Exercise:
Entries follow. Return each line that contains the word "Applied".

Extracted information:

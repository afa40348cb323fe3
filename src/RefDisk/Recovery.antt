-- ===== src/RefDisk/Recovery.antt =====
-- src/refs/disk.rs: a transaction on disk against the backend in memory, with and without a crash.
use bole.Base.{
  none, some, List, [], ◌∷◌, ◌++◌, Bytes, bytes_eq, ok, ◌≡◌, refl, sym, ap, subst, ◌∙◌, inl, inr,
  eq_iff, ◌⊎◌, Option-cases, ℕ, zero, suc,
}
use bole.Base.Maps
use bole.Base.Maps.{Map, NodupKeys, get-insert, contains-keys}
use bole.Base.Slices.{take}
use bole.Refs.{RefName, Ref, Refs, current}
use bole.Refs
use bole.Refs.Commit.{get-apply_atomic}
use bole.RefDisk.{
  Postcard, Plan, DiskRefBackend, Call, write_journal, rename_journal, remove_journal, call, run,
  Outcome, apply_plan, commit_calls, apply_atomic, recover_loop, recover,
}
use bole.RefDisk.Steps.{Apart, Clear, Near, About, run-Near}
use bole.RefDisk.Planned.{
  began, run-began, Shows, Decodes, EndsAs, apply_plan-Applied, apply_plan-About, take_cases,
}
use mathlib.Core.Option

commit_calls_cases :
    (c : Postcard) (journal : Bytes) (plan : Plan)
    → (plan ≡ [])
      ⊎ (commit_calls c journal plan
          ≡ write_journal journal (c.plan_bytes plan)
            ∷ rename_journal journal
            ∷ (apply_plan c plan ++ (remove_journal journal ∷ [])))
unfolding commit_calls
commit_calls_cases c journal [] = inl refl
commit_calls_cases c journal (step ∷ plan) = inr refl

module _ (c : Postcard) (d : DiskRefBackend) (refs : Refs) (plan : Plan) (journal : Bytes)
    (decodes : Decodes c plan) (apart : Apart (Maps.keys plan)) (distinct : NodupKeys plan)
    (clear : Clear (Maps.keys plan) d) (no_journal : d.journals ≡ []) (shows : Shows c d refs) where
  abbrev names : List RefName
  names = Maps.keys plan

  -- The state in which the journal has its name.
  abbrev begun : DiskRefBackend
  begun = began c d journal plan

  begun_journals : begun.journals ≡ (journal, c.plan_bytes plan) ∷ []
  unfolding Maps.insert
  begun_journals =
      ap (λ (m : Map Bytes Bytes). Maps.insert m journal (c.plan_bytes plan)) no_journal

  removed : Maps.remove ((journal, c.plan_bytes plan) ∷ []) journal ≡ []
  unfolding Maps.remove
  removed = rw ((eq_iff journal journal).1 refl) refl

  planned :
      (d' : DiskRefBackend) (j : RefName)
      → Near names begun d'
      → elim (Maps.get plan j) [ some v ↦ Option.map c.ref_bytes v | none ↦ Maps.get d'.files j ]
        ≡ Option.map c.ref_bytes (Maps.get (Refs.apply_atomic refs plan) j)
  unfolding current
  planned d' j near = elim (Option-cases (Maps.get plan j)) [
    | inl e ↦
        rw (get-apply_atomic refs plan j distinct, current, e)
          (near.outside j ((contains-keys plan j).1 e) ∙ shows j)
    | inr (v, e) ↦ rw (get-apply_atomic refs plan j distinct, current, e) refl
  ]

  -- The plan's calls made once more, from wherever they stopped.
  replay :
      (d' : DiskRefBackend)
      → Near names begun d'
      → EndsAs c
          (run d' (apply_plan c plan ++ (remove_journal journal ∷ [])))
          (Refs.apply_atomic refs plan)
  unfolding run call
  replay d' near =
      let (after, a) = apply_plan-Applied c names apart plan d' (λ n k. k) distinct near.clear in
      subst (λ (o : Outcome). EndsAs c o (Refs.apply_atomic refs plan))
        (sym (a.runs (remove_journal journal ∷ [])))
        (
          refl,
          ap (λ (m : Map Bytes Bytes). Maps.remove m journal)
                (a.journals_same ∙ near.same ∙ begun_journals)
              ∙ removed,
          λ j. a.shows j ∙ planned d' j near,
        )

  start : Near names begun begun
  start = record {
    clear = record { above = clear.above; no_dir = clear.no_dir };
    outside = λ j h. refl;
    same = refl;
  }

  -- Opening the store after a crash that left no journal.
  recover_none :
      (d' : DiskRefBackend) (rs : Refs)
      → d'.journals ≡ []
      → Shows c d' rs
      → EndsAs c (recover c d') rs
  unfolding recover recover_loop
  recover_none d' rs e h =
      subst (λ (m : Map Bytes Bytes). EndsAs c (recover_loop c m d') rs) (sym e) (refl, e, h)

  recover_one :
      (d' : DiskRefBackend)
      → Near names begun d'
      → EndsAs c (recover c d') (Refs.apply_atomic refs plan)
  unfolding recover recover_loop
  recover_one d' near =
      let (ended, none_left, same) = replay d' near in
      subst (λ (m : Map Bytes Bytes). EndsAs c (recover_loop c m d') (Refs.apply_atomic refs plan))
        (sym (near.same ∙ begun_journals))
        (subst (λ (o : Outcome). EndsAs c o (Refs.apply_atomic refs plan)) (sym (one ended))
          (refl, none_left, same))
    where
      one :
          (run d' (apply_plan c plan ++ (remove_journal journal ∷ []))).1 ≡ ok tt
          → recover_loop c ((journal, c.plan_bytes plan) ∷ []) d'
            ≡ ((run d' (apply_plan c plan ++ (remove_journal journal ∷ []))).0, ok tt)
      one ended = rw (recover_loop, decodes, ended) refl

  -- A transaction on disk ends well, leaves no journal, and leaves the refs that it leaves in memory.
  -- The names of the plan are distinct, none is a directory of another, no file or directory is in
  -- their way, no journal is left from before, and the bytes of the plan are read back.
  pub apply_atomic-EndsAs : EndsAs c (apply_atomic c d journal plan) (Refs.apply_atomic refs plan)
  unfolding apply_atomic commit_calls run Refs.apply_atomic
  apply_atomic-EndsAs = elim (commit_calls_cases c journal plan) [
    | inl e ↦
        subst (λ (p : Plan). EndsAs c (run d (commit_calls c journal p)) (Refs.apply_atomic refs p))
          (sym e) (refl, no_journal, shows)
    | inr e ↦
        subst (λ (o : Outcome). EndsAs c o (Refs.apply_atomic refs plan))
          (sym (ap (run d) e ∙ run-began c d journal plan _)) (replay begun start)
  ]

  abbrev Recovered : List Call → Type 0
  Recovered xs =
      EndsAs c (recover c (run d xs).0) refs
      ⊎ EndsAs c (recover c (run d xs).0) (Refs.apply_atomic refs plan)

  -- After the first two calls.
  past_begin :
      (k : ℕ)
      → EndsAs c
          (recover c (run begun (take k (apply_plan c plan ++ (remove_journal journal ∷ [])))).0)
          (Refs.apply_atomic refs plan)
  past_begin k =
      elim (take_cases (About names) k (apply_plan c plan) (remove_journal journal)
        (apply_plan-About c names apart plan (λ n h. h))) [
          | inl about ↦ recover_one _ (run-Near names apart _ begun begun about start)
          | inr all ↦
              let (ended, none_left, same) = replay begun start in
              subst
                (λ (xs : List Call).
                  EndsAs c (recover c (run begun xs).0) (Refs.apply_atomic refs plan))
                (sym all) (recover_none _ _ none_left same)
        ]

  any_point :
      (k : ℕ)
      → Recovered (
          take k (
            write_journal journal (c.plan_bytes plan)
            ∷ rename_journal journal
            ∷ (apply_plan c plan ++ (remove_journal journal ∷ []))))
  unfolding run call
  any_point zero = inl (recover_none d refs no_journal shows)
  any_point (suc zero) = inl (recover_none _ refs no_journal shows)
  any_point (suc (suc k)) = inr (
      subst (λ (o : Outcome). EndsAs c (recover c o.0) (Refs.apply_atomic refs plan))
        (sym (
          run-began c d journal plan (take k (apply_plan c plan ++ (remove_journal journal ∷ [])))))
        (past_begin k))

  no_calls : (k : ℕ) → Recovered (take k [])
  unfolding run
  no_calls zero = inl (recover_none d refs no_journal shows)
  no_calls (suc k) = inl (recover_none d refs no_journal shows)

  -- A transaction that a crash stops after any number of its calls is undone or completed when the
  -- store is next opened: recovery ends well, leaves no journal, and leaves all refs as they were
  -- or all as the transaction leaves them in memory. The names of the plan are distinct, none is a
  -- directory of another, no file or directory is in their way, no journal is left from before, and
  -- the bytes of the plan are read back.
  pub recover-Atomic :
      (k : ℕ)
      → EndsAs c (recover c (run d (take k (commit_calls c journal plan))).0) refs
        ⊎ EndsAs c
            (recover c (run d (take k (commit_calls c journal plan))).0)
            (Refs.apply_atomic refs plan)
  unfolding commit_calls
  recover-Atomic k = elim (commit_calls_cases c journal plan) [
    | inl e ↦
        subst (λ (p : Plan). Recovered (take k (commit_calls c journal p))) (sym e) (no_calls k)
    | inr e ↦ subst (λ (xs : List Call). Recovered (take k xs)) (sym e) (any_point k)
  ]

Task output:
  began, run-began, Shows, Decodes, EndsAs, apply_plan-Applied, apply_plan-About, take_cases,
      let (after, a) = apply_plan-Applied c names apart plan d' (λ n k. k) distinct near.clear in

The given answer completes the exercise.